Tears
Tears
Disclaimer: I do not own Rurouni Kenshin, or the excellent OVAs for them (although I was pretty miffed at Kenshin's inglorious ending).
--oOo--
It's been about 16 years, hasn't it? I made my annual pilgrimage to your grave, but this time I came with someone new.
You remember Kaoru, right? I finally ended up marrying her last year. We are very happy together. I feel… complete, somehow. Of course, I could never forget you. You were my first love, and I needed you in the Bakumatsu period. You saved my soul. Kaoru became my precious person here, in Meiji.
But I have something more valuable than the Meiji, or any other era that has ever happened, or ever will.
It's my son.
Kenji is a very handsome baby. He looks a lot like me, but he has Kaoru's eyes. I'm glad he does. My eyes are not what I want to see in his face. My eyes are of suffering beyond my years.
When I held you in my arms as you laid there dead, I cried. It was the first time I had cried in 2 years. When those hot, wet tears slipped down my face, I was surprised. What ever could they be? It had been so long, I had forgot what tears were.
Those were tears that rocked my view of the world.
I did not cry afterwards. I did not let slip a single tear from my eyes as I carried you back to the cottage, or when I dug a grave for you. I didn't cry for 14 years. Tears became a distant memory again.
When I finally broke down in tears was when your brother Enishi attacked Kaoru's dojo. I had fought him previously, and yet; I did not cry from the pain of my wounds.
I cried when I saw what Enishi had done. I cried when I saw Kaoru's body pinned to her dojo's wall by his sword. I cried when I saw my scar carved into her cheek, and knowing she was dead because of me. I couldn't save her. I couldn't protect her. What good was I, the wandering swordsman; the one who dedicated the last 11 years of his life to helping people? The one I loved most was dead. And so I cried.
Those were tears that sent me spiraling into madness.

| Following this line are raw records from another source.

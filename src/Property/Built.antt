-- ===== src/Property/Built.antt =====
-- The lists that `dimq_property_add_*` build, and what is found in them.
use dimq.Prelude.{
  inr, inl, if◌then◌else◌, ltb, sym, subst, take-length, ℕ, ◌<◌, ◌≤◌, ◌^◌, ◌≡◌, ◌≢◌, Bool, true,
  false, List, [], ◌∷◌, ◌++◌, Option, none, some, length, arith, refl,
}
use dimq.Packet.Safe.{AllBytes-join}
use dimq.Result.{nomem, inval, Result, ok, err, fault}
use native.Mathlib.Decide.{dec_lt}
use dimq.Utf8.Spec.{encode_all}
use dimq.Property.Kinds.{text, Property, i8, i16, i32, varint, bin, str, read_kind}
use dimq.Word.{u16}
use dimq.Property.Build.{
  add, add_byte, add_int16, add_int32, add_varint, add_binary, add_string, built, stored,
  get_property, string_identifiers,
}
use dimq.Property.Format.{AllFit, Fits}
use dimq.Property.Check.{has_identifier}
use dimq.Property.Ids.{one_of}
use dimq.Packet.{Heap}
use dimq.Utf8.Sound.{AllBytes, Encodes}
use dimq.Utf8.Decides.{validate_utf8_decides}
use dimq.Utf8.{validate_utf8}

AllFit-add :
    (ps : List Property) (p : Property)
    → AllFit ps
    → Fits (read_kind p.identifier) p.value p.name
    → AllFit (add ps p)
unfolding add
AllFit-add [] p f g = (g, tt)
AllFit-add (q ∷ ps) p f g = (f.0, AllFit-add ps p f.1 g)

-- No fault; and where a list is returned, its properties fit their identifiers.
abbrev pub FitsAfter : Result (List Property) → Type 0
FitsAfter (ok ps) = AllFit ps
FitsAfter (err e) = Unit
FitsAfter fault = ⊥

module _ (ps : List Property) (n : ℕ) (heap : Heap) (fit : AllFit ps) where
  add_byte-FitsAfter : (b : ℕ) → b < 2 ^ 8 → FitsAfter (add_byte (some ps) n b heap)
  unfolding add_byte read_kind
  add_byte-FitsAfter b h = ground (arith, AllFit-add ps (built n (i8 b) []) fit)

  add_int16-FitsAfter : (w : ℕ) → w < 2 ^ 16 → FitsAfter (add_int16 (some ps) n w heap)
  unfolding add_int16 read_kind
  add_int16-FitsAfter w h = ground (arith, AllFit-add ps (built n (i16 w) []) fit)

  add_int32-FitsAfter : (d : ℕ) → d < 2 ^ 32 → FitsAfter (add_int32 (some ps) n d heap)
  unfolding add_int32 read_kind
  add_int32-FitsAfter d h = ground (arith, AllFit-add ps (built n (i32 d) []) fit)

  add_varint-FitsAfter : (v : ℕ) → FitsAfter (add_varint (some ps) n v heap)
  unfolding add_varint read_kind
  add_varint-FitsAfter v = ground (arith, AllFit-add ps (built n (varint v) []) fit)

  add_binary-FitsAfter :
      (s : List ℕ) → length s < 2 ^ 16 → FitsAfter (add_binary (some ps) n s heap)
  unfolding add_binary read_kind
  add_binary-FitsAfter s h =
      ground
        (arith, AllFit-add ps (built n (bin s) []) fit, AllFit-add ps (built n (bin []) []) fit)

-- On a list whose properties fit their identifiers, and for any identifier, value of the parameter's
-- type and answers of the allocator, the five functions for numbers and binary data either fail or
-- return a list whose properties fit their identifiers.
pub add_values-FitsAfter :
    (ps : List Property) (n b w d v : ℕ) (s : List ℕ) (heap : Heap)
    → AllFit ps
    → b < 2 ^ 8
    → w < 2 ^ 16
    → d < 2 ^ 32
    → length s < 2 ^ 16
    → FitsAfter (add_byte (some ps) n b heap)
      × FitsAfter (add_int16 (some ps) n w heap)
      × FitsAfter (add_int32 (some ps) n d heap)
      × FitsAfter (add_varint (some ps) n v heap)
      × FitsAfter (add_binary (some ps) n s heap)
add_values-FitsAfter ps n b w d v s heap fit hb hw hd hs = (
  add_byte-FitsAfter ps n heap fit b hb,
  add_int16-FitsAfter ps n heap fit w hw,
  add_int32-FitsAfter ps n heap fit d hd,
  add_varint-FitsAfter ps n heap fit v,
  add_binary-FitsAfter ps n heap fit s hs,
)

-- A property that is added last is found, where the list has no other with its identifier.
pub get_property-add :
    (ps : List Property) (p : Property) (n : ℕ)
    → has_identifier n ps ≡ false
    → p.identifier ≡ n
    → get_property (add ps p) n false ≡ some (p, [])
unfolding get_property add has_identifier
get_property-add [] p n h e = ground arith
get_property-add (q ∷ ps) p n h e = ground (arith, get_property-add ps p n)

abbrev pub behind : Property → Option (Property × List Property) → Option (Property × List Property)
behind p none = none
behind p (some (q, rest)) = some (q, add rest p)

-- A search for another identifier finds what it found before, now with the new property behind it.
pub get_property-add_other :
    (ps : List Property) (p : Property) (n : ℕ) (skip_first : Bool)
    → p.identifier ≢ n
    → get_property (add ps p) n skip_first ≡ behind p (get_property ps n skip_first)
unfolding get_property add
get_property-add_other [] p n skip_first h = ground arith
get_property-add_other (q ∷ ps) p n skip_first h =
    ground
      (arith, get_property-add_other ps p n skip_first h, get_property-add_other ps p n false h)

text_kind : (n : ℕ) → one_of n string_identifiers ≡ true → read_kind n ≡ text
unfolding read_kind
text_kind n h = ground arith

Fits-text :
    (n : ℕ) (s name : List ℕ)
    → one_of n string_identifiers ≡ true
    → length s < 2 ^ 16
    → Encodes s
    → Fits (read_kind n) (str s) name
Fits-text n s name h l e = subst (λ k. Fits k (str s) name) (sym (text_kind n h)) (l, e)

Encodes-empty : Encodes []
Encodes-empty = ([], tt, unfold encode_all in refl)

-- What is stored is the text, or nothing of it where its length does not fit a uint16_t.
stored-Encodes :
    (s : List ℕ) → length s ≤ 65536 → Encodes s → (length (stored s) < 2 ^ 16) × Encodes (stored s)
stored-Encodes s l e = elim (dec_lt (length s) 65536) [
  | yes h ↦ let same : u16 (length s) ≡ length s = omega arith in rw (same, take-length s) (h, e)
  | no h ↦
      let zero_long : u16 (length s) ≡ 0 = omega arith in rw zero_long (omega arith, Encodes-empty)
]

abbrev pub AddedText : List Property → ℕ → List ℕ → Result (List Property) → Type 0
AddedText ps n s (ok qs) = Encodes s × AllFit qs × (qs ≡ add ps (built n (str (stored s)) []))
AddedText ps n s (err e) = Unit
AddedText ps n s fault = ⊥

-- `dimq_property_add_string` with a string of bytes, for any identifier and answers of the allocator:
-- it either fails or appends one property with the string, which is then well-formed text of allowed
-- characters, and every property of the list fits its identifier.
pub add_string-AddedText :
    (ps : List Property) (n : ℕ) (s : List ℕ) (heap : Heap)
    → AllFit ps
    → AllBytes s
    → AddedText ps n s (add_string (some ps) n (some s) heap)
unfolding add_string
add_string-AddedText ps n s heap fit bytes = elim (dec_lt 65536 (length s)) [
  | yes long ↦ rw (validate_utf8-long s long) tt
  | no short ↦
      let whole = AllBytes-join s (0 ∷ []) bytes (omega arith) in
      elim (validate_utf8_decides s [] whole (omega arith)) [
        | inl (valid, enc) ↦ rw valid (filled enc (stored-Encodes s (omega arith) enc) heap)
        | inr (invalid, _) ↦ rw invalid tt
      ]
]
  where
    validate_utf8-long :
        (s : List ℕ) → 65536 < length s → validate_utf8 (some (s ++ 0 ∷ [])) (length s) ≡ err inval
    validate_utf8-long s long = unfold validate_utf8 in ground arith

    empty_stored : (s : List ℕ) → ltb 0 (length s) ≡ false → stored s ≡ []
    empty_stored s h = ground arith

    filled :
        Encodes s
        → (length (stored s) < 2 ^ 16) × Encodes (stored s)
        → (heap : Heap)
        → AddedText ps n s (
            if one_of n string_identifiers
            then (if heap 0
                then (if ltb 0 (length s)
                    then (if heap 1 then ok (add ps (built n (str (stored s)) [])) else err nomem)
                    else ok (add ps (built n (str []) [])))
                else err nomem)
            else err inval)
    filled enc (l, e) heap = ground (
      arith,
      AllFit-add ps (built n (str (stored s)) []) fit,
      Fits-text n (stored s) [],
      empty_stored s,
    )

I hid out in the Fallen Village, where the misfits and the outcasts of society isolated themselves from the world. I did not cry then. My tears were all gone. It took the old man with your perfume, and news of Yahiko's imminent peril to get me going. When I saw your face after the fight, and having you telling me that Kaoru was alive, I felt like I was the one that was living.
Living. Isn't that a wonderful word? It is the opposite of death, or dying. The opposite of the hitokiri, but still not quite the rurouni. I feel alive now though, as Himura Kenshin. But that's beside the point.
After I rescued Kaoru, redeemed Enishi, and settled back down where I belonged, I felt happy. Content. Whole. When Sano escaped from the police, Megumi headed to Aizu, and Yahiko moved out into Sano's old home, things became very quiet around the Kamiya residence. The next year saw me proposing to Kaoru, and then marrying her. It was a very happy time for me.
10 months after I married Kaoru, 3 years after I met her, she gave birth to our son. Kenji was the most beautiful thing I have ever held. There is no way to describe my love for him. I would do anything to ensure his happiness and safety. I cried when I held my and Kaoru's baby in my arms. These tears, however, were so much more different than the earlier times I cried.
Those were tears of unequaled happiness.
I brought him to your grave, bundled up in his mother's arms (he loves his mother so much), to introduce you to him. Without you, there wouldn't be a him, and I wouldn't be here as well. I probably would be dead, or worse than dead. I love you, and I miss you terribly, but the pain isn't as bad anymore.
I'll be back next year, Tomoe. And this time, I'll bring back more tears of joy.